── Data for this task ──

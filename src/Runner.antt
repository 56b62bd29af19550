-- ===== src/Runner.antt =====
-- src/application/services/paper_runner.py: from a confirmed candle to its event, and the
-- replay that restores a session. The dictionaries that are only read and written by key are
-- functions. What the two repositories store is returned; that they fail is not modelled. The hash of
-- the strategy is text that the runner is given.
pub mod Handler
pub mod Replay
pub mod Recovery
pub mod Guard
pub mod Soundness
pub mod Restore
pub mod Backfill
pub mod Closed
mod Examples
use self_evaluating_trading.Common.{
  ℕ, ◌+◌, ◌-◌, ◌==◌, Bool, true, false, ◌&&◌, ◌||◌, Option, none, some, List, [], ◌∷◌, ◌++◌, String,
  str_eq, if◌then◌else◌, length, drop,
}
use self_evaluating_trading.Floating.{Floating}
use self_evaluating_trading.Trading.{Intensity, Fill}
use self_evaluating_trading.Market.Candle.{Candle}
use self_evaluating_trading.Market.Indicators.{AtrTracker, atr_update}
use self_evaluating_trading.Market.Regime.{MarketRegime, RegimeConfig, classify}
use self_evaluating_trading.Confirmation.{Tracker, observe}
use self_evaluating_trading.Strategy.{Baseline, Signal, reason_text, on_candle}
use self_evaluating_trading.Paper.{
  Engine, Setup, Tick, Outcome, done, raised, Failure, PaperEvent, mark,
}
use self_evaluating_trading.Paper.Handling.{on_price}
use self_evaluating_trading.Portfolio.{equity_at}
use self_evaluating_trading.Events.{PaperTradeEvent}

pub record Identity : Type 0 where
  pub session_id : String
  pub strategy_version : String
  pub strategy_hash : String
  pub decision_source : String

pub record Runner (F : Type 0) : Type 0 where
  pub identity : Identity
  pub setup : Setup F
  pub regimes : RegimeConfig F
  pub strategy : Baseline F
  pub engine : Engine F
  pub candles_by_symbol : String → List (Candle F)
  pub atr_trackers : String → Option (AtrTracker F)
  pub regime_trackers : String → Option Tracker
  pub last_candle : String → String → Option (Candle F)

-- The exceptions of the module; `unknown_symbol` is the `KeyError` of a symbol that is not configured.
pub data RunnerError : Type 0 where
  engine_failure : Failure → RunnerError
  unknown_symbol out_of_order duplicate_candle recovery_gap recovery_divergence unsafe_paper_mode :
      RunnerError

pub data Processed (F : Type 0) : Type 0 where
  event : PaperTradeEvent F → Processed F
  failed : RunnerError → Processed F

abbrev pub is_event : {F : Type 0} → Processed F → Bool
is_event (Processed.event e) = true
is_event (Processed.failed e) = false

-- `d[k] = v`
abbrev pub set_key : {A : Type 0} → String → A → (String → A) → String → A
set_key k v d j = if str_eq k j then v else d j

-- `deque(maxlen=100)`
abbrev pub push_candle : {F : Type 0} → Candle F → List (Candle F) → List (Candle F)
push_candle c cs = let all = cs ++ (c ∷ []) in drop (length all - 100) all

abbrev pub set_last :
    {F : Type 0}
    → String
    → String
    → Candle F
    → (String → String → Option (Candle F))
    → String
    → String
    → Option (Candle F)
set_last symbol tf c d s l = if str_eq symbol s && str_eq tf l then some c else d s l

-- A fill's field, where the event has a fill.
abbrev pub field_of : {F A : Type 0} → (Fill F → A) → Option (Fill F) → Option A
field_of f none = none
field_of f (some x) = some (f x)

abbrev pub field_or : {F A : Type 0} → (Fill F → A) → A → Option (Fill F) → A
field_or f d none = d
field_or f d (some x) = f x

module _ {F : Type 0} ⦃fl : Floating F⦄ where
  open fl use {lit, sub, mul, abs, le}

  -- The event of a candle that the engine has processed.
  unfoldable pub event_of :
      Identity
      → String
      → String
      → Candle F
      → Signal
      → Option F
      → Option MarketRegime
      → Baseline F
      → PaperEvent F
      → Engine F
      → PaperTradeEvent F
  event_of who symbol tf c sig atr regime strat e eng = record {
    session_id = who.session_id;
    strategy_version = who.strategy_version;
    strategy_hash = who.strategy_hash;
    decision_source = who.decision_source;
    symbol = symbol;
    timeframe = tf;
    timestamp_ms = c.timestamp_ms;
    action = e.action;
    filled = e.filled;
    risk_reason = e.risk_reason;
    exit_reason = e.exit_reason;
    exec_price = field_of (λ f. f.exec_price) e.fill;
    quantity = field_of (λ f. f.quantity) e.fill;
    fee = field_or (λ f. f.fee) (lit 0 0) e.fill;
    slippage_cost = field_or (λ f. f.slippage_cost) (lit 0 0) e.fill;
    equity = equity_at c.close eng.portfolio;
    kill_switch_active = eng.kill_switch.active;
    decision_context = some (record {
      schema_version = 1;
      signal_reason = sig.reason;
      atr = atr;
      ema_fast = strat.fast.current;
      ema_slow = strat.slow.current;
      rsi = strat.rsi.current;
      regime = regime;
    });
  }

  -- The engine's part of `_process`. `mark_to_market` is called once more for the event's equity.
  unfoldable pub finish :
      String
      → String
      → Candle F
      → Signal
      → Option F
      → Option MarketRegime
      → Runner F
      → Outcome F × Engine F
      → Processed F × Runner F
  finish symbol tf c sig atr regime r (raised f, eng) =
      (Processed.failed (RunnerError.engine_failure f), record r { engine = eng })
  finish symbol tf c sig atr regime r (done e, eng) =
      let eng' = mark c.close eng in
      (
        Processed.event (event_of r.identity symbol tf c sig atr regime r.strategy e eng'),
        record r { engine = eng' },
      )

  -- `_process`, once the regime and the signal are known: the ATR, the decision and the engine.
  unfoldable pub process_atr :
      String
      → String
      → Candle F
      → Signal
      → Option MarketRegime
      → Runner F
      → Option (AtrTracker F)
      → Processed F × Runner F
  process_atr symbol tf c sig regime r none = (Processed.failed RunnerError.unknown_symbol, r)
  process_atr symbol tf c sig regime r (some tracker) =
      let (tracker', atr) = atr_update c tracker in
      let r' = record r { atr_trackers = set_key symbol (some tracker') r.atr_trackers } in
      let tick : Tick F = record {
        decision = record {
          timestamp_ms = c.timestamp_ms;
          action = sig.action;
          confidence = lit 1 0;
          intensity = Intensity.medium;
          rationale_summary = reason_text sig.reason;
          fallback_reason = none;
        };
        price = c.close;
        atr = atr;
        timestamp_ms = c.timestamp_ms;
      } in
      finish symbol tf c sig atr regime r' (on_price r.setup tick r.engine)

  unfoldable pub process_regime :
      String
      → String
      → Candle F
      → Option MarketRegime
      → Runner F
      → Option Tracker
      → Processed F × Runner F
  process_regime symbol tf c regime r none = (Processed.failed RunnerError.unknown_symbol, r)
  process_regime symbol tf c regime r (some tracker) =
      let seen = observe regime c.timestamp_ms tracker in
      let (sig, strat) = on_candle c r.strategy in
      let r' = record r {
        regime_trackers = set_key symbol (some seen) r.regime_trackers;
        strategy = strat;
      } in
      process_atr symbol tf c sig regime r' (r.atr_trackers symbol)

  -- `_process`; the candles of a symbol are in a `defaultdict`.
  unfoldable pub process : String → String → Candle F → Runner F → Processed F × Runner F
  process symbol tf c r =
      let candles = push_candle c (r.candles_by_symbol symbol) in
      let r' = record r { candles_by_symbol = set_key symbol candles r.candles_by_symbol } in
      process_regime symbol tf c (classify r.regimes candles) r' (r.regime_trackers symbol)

───
── Data for this task ──

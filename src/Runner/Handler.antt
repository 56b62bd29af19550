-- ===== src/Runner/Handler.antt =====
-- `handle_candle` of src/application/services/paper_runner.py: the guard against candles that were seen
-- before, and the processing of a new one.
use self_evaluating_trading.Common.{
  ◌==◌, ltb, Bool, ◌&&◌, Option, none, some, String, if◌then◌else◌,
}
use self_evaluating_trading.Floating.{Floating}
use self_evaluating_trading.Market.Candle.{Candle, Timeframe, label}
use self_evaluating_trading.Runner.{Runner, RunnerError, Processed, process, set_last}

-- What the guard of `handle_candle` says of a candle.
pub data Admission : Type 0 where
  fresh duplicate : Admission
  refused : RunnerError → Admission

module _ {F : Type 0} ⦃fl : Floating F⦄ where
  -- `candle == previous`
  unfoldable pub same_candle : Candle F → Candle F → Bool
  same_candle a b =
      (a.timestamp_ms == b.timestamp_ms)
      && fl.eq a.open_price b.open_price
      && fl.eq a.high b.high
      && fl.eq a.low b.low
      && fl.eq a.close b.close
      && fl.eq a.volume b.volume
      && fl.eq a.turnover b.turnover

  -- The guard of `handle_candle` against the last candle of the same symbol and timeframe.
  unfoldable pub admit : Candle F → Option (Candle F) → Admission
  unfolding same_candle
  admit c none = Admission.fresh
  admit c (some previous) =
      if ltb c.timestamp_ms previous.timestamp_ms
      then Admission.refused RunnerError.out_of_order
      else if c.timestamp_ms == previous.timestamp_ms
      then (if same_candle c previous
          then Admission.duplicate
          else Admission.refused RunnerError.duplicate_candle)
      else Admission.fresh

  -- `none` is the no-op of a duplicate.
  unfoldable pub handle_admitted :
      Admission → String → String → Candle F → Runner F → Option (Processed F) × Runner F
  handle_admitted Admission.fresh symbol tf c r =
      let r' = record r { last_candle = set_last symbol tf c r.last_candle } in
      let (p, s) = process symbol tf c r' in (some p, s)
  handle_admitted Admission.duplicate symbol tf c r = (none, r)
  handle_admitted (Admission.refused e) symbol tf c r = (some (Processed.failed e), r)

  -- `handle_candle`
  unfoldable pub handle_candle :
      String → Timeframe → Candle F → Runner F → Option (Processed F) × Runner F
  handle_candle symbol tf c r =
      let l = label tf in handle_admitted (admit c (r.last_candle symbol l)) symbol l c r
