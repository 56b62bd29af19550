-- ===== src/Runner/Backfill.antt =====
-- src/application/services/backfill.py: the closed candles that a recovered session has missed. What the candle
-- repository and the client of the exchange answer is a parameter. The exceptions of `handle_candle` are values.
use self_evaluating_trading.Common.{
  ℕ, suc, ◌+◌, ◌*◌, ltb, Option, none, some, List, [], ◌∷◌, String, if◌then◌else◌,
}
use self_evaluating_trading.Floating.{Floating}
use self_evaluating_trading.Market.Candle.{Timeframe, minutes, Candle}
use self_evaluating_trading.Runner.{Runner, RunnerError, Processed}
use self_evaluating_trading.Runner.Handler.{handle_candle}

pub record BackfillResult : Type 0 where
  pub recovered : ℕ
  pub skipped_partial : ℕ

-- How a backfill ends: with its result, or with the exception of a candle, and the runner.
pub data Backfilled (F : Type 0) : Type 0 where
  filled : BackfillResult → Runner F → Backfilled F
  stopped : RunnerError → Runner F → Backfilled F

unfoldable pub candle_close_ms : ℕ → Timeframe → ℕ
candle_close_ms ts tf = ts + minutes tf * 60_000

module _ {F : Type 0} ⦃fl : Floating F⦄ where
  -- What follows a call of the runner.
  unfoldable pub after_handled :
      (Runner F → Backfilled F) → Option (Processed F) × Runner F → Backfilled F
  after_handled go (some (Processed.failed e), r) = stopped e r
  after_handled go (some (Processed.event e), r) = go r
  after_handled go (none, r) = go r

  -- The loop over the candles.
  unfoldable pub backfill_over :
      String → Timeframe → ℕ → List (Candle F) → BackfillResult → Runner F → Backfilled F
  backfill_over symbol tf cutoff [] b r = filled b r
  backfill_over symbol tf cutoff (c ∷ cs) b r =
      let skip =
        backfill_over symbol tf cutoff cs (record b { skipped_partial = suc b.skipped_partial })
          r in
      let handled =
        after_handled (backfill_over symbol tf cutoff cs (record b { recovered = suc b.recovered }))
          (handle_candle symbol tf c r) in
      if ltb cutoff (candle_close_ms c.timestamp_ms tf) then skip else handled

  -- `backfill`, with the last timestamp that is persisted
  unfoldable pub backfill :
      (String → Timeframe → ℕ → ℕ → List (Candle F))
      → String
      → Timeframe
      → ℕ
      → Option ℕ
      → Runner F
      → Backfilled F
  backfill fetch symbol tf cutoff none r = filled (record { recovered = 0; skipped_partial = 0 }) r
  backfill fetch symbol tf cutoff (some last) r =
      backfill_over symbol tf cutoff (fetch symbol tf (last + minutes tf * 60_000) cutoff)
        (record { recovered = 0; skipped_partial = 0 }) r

───

**What the exercise asks:**
Using the listing above, return word for word each line from the one that has "filename src/Runner.antt" through the one that has "-- the strategy", and no line outside that range.

**Reply to the task:**
filename src/Runner.antt
repository 56b62bd29af19550
-- ===== src/Runner.antt =====
-- src/application/services/paper_runner.py: from a confirmed candle to its event, and the
-- replay that restores a session. The dictionaries that are only read and written by key are
-- functions. What the two repositories store is returned; that they fail is not modelled. The hash of
-- the strategy is text that the runner is given.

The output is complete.